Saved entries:

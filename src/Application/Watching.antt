-- ===== src/Application/Watching.antt =====
-- The tracking of the door by src/services/error_state_mgmt.py in a run of the application of
-- src/main.py, which the health check asks.
use crk_io_board.Base.{
  ℕ, ◌≡◌, refl, sym, ap, ◌∙◌, Bool, true, false, Option, none, some, List, [], ◌∷◌, ◌++◌, get_elem?,
  if◌then◌else◌, append_assoc,
}
use crk_io_board.Commands.{DeadboltAction}
use crk_io_board.Polling.{Item, unwrap, Queue, get_nowait, next_item, set_at}
use crk_io_board.Polling.Broadcast.{deliver_items}
use crk_io_board.Recording.Session.{Poll}
use crk_io_board.ErrorState.{ErrorState, observe_next, observe, set_deadbolt_action}
use crk_io_board.Stream.Session.{IoStatus}
use crk_io_board.Application.{
  Application, Client, Step, loadcells_polled, io_status_polled, recording_started,
  recording_stopped, recording_pass, error_state_pass, deadbolt_controlled, client_connected,
  client_gone, loadcells_read, io_status_read, step, steps, watch_item, disconnect, loadcells_task,
  io_status_task, read_item, with_loadcells,
}
use crk_io_board.Application.Services.{same_number}
use crk_io_board.Application.Untouched.{read-IsUntouched, close-IsUntouched, open-IsUntouched}
use crk_io_board.Application.Soundness.{ClientApart, IsSound, apart-get_elem?}
use crk_io_board.Application.Runs.{step-IsSound, made_other}

-- What the polls of the IO status hand over, in order.
abbrev pub item_of : Step → List (Item IoStatus)
item_of (io_status_polled x) = x.item ∷ []
item_of _ = []

abbrev pub status_items : List Step → List (Item IoStatus)
status_items [] = []
status_items (x ∷ xs) = item_of x ++ status_items xs

-- The items that the tracking has still to read.
abbrev pub waiting : Application → List (Item IoStatus)
waiting s = (s.io_status.queues s.error_queue).items

-- What a view of the tracking will be when the tracking has read what waits and what comes, where the
-- view is one of what has still to be read, and of the state.
abbrev pub outlook {ℓ} :
    {B : Type ℓ} → (List (Item IoStatus) → ErrorState → B) → Application → List (Item IoStatus) → B
outlook view s later = view (waiting s ++ later) s.error_state

-- The view does not depend on how far the tracking has read.
abbrev pub IsView {ℓ} : {B : Type ℓ} → (List (Item IoStatus) → ErrorState → B) → Type ℓ
IsView view =
    (i : Item IoStatus) (is : List (Item IoStatus)) (e : ErrorState)
    → view (i ∷ is) e ≡ view is (observe_next (unwrap i) e)

abbrev pub control_of : Step → Option (DeadboltAction × ℕ)
control_of (deadbolt_controlled action time) = some (action, time)
control_of _ = none

-- A control of the deadbolt does not matter to the view.
abbrev pub IsSteadyAt {ℓ} :
    {B : Type ℓ} → (List (Item IoStatus) → ErrorState → B) → Option (DeadboltAction × ℕ) → Type ℓ
IsSteadyAt view none = Unit
IsSteadyAt view (some (action, time)) =
    (is : List (Item IoStatus)) (e : ErrorState)
    → view is (set_deadbolt_action action time e) ≡ view is e

abbrev pub IsSteady {ℓ} :
    {B : Type ℓ} → (List (Item IoStatus) → ErrorState → B) → List Step → Type ℓ
IsSteady view [] = Unit
IsSteady view (x ∷ xs) = IsSteadyAt view (control_of x) × IsSteady view xs

pub left_items :
    (q : Queue IoStatus) (s : Application)
    → (set_at s.error_queue q s.io_status.queues s.error_queue).items ≡ q.items
left_items q s = rw (same_number s.error_queue) refl

module _ {ℓ} {B : Type ℓ} (view : List (Item IoStatus) → ErrorState → B) where
  same_waiting :
      (is is' later : List (Item IoStatus)) (e : ErrorState)
      → is ≡ is'
      → view (is ++ later) e ≡ view (is' ++ later) e
  same_waiting is is' later e h = ap (λ l. view (l ++ later) e) h

  polled-outlook :
      (x : Poll IoStatus) (s : Application) (later : List (Item IoStatus))
      → IsSound s
      → outlook view (step (io_status_polled x) s) later ≡ outlook view s (x.item ∷ later)
  unfolding step
  polled-outlook x s later i =
      same_waiting _ (waiting s ++ x.item ∷ []) later s.error_state (
        deliver_items x.item x.interval x.started x.now s.io_status i.io_status.live
          i.io_status.polling.distinct s.error_queue i.watching)
      ∙ ap (λ l. view l s.error_state) (append_assoc (waiting s) (x.item ∷ []) later)

  -- A pass of the tracking, over the items of its queue.
  watched-outlook :
      (reads : IsView view) (is : List (Item IoStatus)) (b : Bool) (s : Application)
      (later : List (Item IoStatus))
      → waiting s ≡ is
      → outlook view (watch_item (next_item is b) s) later ≡ view (is ++ later) s.error_state
  unfolding observe
  watched-outlook reads [] true s later e = same_waiting _ [] later s.error_state (left_items _ s)
  watched-outlook reads [] false s later e = same_waiting _ [] later s.error_state e
  watched-outlook reads (i ∷ is) b s later e =
      same_waiting _ is later (observe_next (unwrap i) s.error_state) (left_items _ s)
      ∙ sym (reads i (is ++ later) s.error_state)

  gone-outlook :
      (k : ℕ) (o : Option Client) (s : Application) (later : List (Item IoStatus))
      → ClientApart s.recording.queue s.error_queue s.next_queue o
      → outlook view (disconnect k o s) later ≡ outlook view s later
  gone-outlook k none s later a = refl
  gone-outlook k (some c) s later (l, d, r, e) =
      let u = close-IsUntouched s.error_queue c.doors_enabled c.io_status_queue s.io_status e in
      same_waiting _ (waiting s) later _ (ap (λ q. q.items) u.queue)

  if_outlook :
      (b : Bool) (s' s : Application) (later : List (Item IoStatus))
      → outlook view s' later ≡ outlook view s later
      → outlook view (if b then s' else s) later ≡ outlook view s later
  if_outlook true s' s later e = e
  if_outlook false s' s later e = refl

  loadcells_read-outlook :
      (o : Option Client) (s : Application) (later : List (Item IoStatus))
      → outlook view (loadcells_task o s) later ≡ outlook view s later
  loadcells_read-outlook none s later = refl
  loadcells_read-outlook (some c) s later =
      if_outlook c.loadcells_enabled (with_loadcells (read_item c.loadcells_queue) s) s later refl

  io_status_read-outlook :
      (o : Option Client) (s : Application) (later : List (Item IoStatus))
      → ClientApart s.recording.queue s.error_queue s.next_queue o
      → outlook view (io_status_task o s) later ≡ outlook view s later
  io_status_read-outlook none s later a = refl
  io_status_read-outlook (some c) s later (l, d, r, e) =
      let u = read-IsUntouched s.error_queue c.io_status_queue s.io_status e in
      if_outlook c.doors_enabled (record s { io_status = read_item c.io_status_queue s.io_status })
        s later (same_waiting _ (waiting s) later _ (ap (λ q. q.items) u.queue))

  step-outlook :
      (reads : IsView view) (x : Step) (s : Application) (later : List (Item IoStatus))
      → IsSteadyAt view (control_of x)
      → IsSound s
      → outlook view (step x s) later ≡ outlook view s (item_of x ++ later)
  unfolding step set_deadbolt_action get_nowait
  step-outlook reads (loadcells_polled x) s later steady i = refl
  step-outlook reads (io_status_polled x) s later steady i = polled-outlook x s later i
  step-outlook reads (recording_started clear) s later steady i = refl
  step-outlook reads recording_stopped s later steady i = refl
  step-outlook reads recording_pass s later steady i = refl
  step-outlook reads error_state_pass s later steady i =
      watched-outlook reads (waiting s) (s.io_status.queues s.error_queue).shut_down s later refl
  step-outlook reads (deadbolt_controlled action time) s later steady i =
      steady (waiting s ++ later) s.error_state
  step-outlook reads (client_connected loadcells doors) s later steady i =
      let u =
        open-IsUntouched s.error_queue doors s.next_queue s.io_status
          (made_other s.error_queue s.next_queue i.error_made) in
      same_waiting _ (waiting s) later s.error_state (ap (λ q. q.items) u.queue)
  step-outlook reads (client_gone k) s later steady i =
      gone-outlook k (get_elem? s.clients k) s later
        (apart-get_elem? s.recording.queue s.error_queue s.next_queue k s.clients i.apart)
  step-outlook reads (loadcells_read k) s later steady i =
      loadcells_read-outlook (get_elem? s.clients k) s later
  step-outlook reads (io_status_read k) s later steady i =
      io_status_read-outlook (get_elem? s.clients k) s later
        (apart-get_elem? s.recording.queue s.error_queue s.next_queue k s.clients i.apart)

  pub steps-outlook :
      (reads : IsView view) (xs : List Step) (s : Application)
      → IsSteady view xs
      → IsSound s
      → outlook view (steps xs s) [] ≡ outlook view s (status_items xs)
  steps-outlook reads [] s steady i = refl
  steps-outlook reads (x ∷ xs) s steady i =
      steps-outlook reads xs (step x s) steady.1 (step-IsSound x s i)
      ∙ step-outlook reads x s (status_items xs) steady.0 i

→ What needs to be done
Copy exactly the stretch of data above from the line with "same_waiting _ (waiting s) later s.error_state" through the line with "step-outlook reads (loadcells_read", and omit all other lines.

→ Solution to the problem
      same_waiting _ (waiting s) later s.error_state (ap (λ q. q.items) u.queue)
  step-outlook reads (client_gone k) s later steady i =
      gone-outlook k (get_elem? s.clients k) s later
        (apart-get_elem? s.recording.queue s.error_queue s.next_queue k s.clients i.apart)
  step-outlook reads (loadcells_read k) s later steady i =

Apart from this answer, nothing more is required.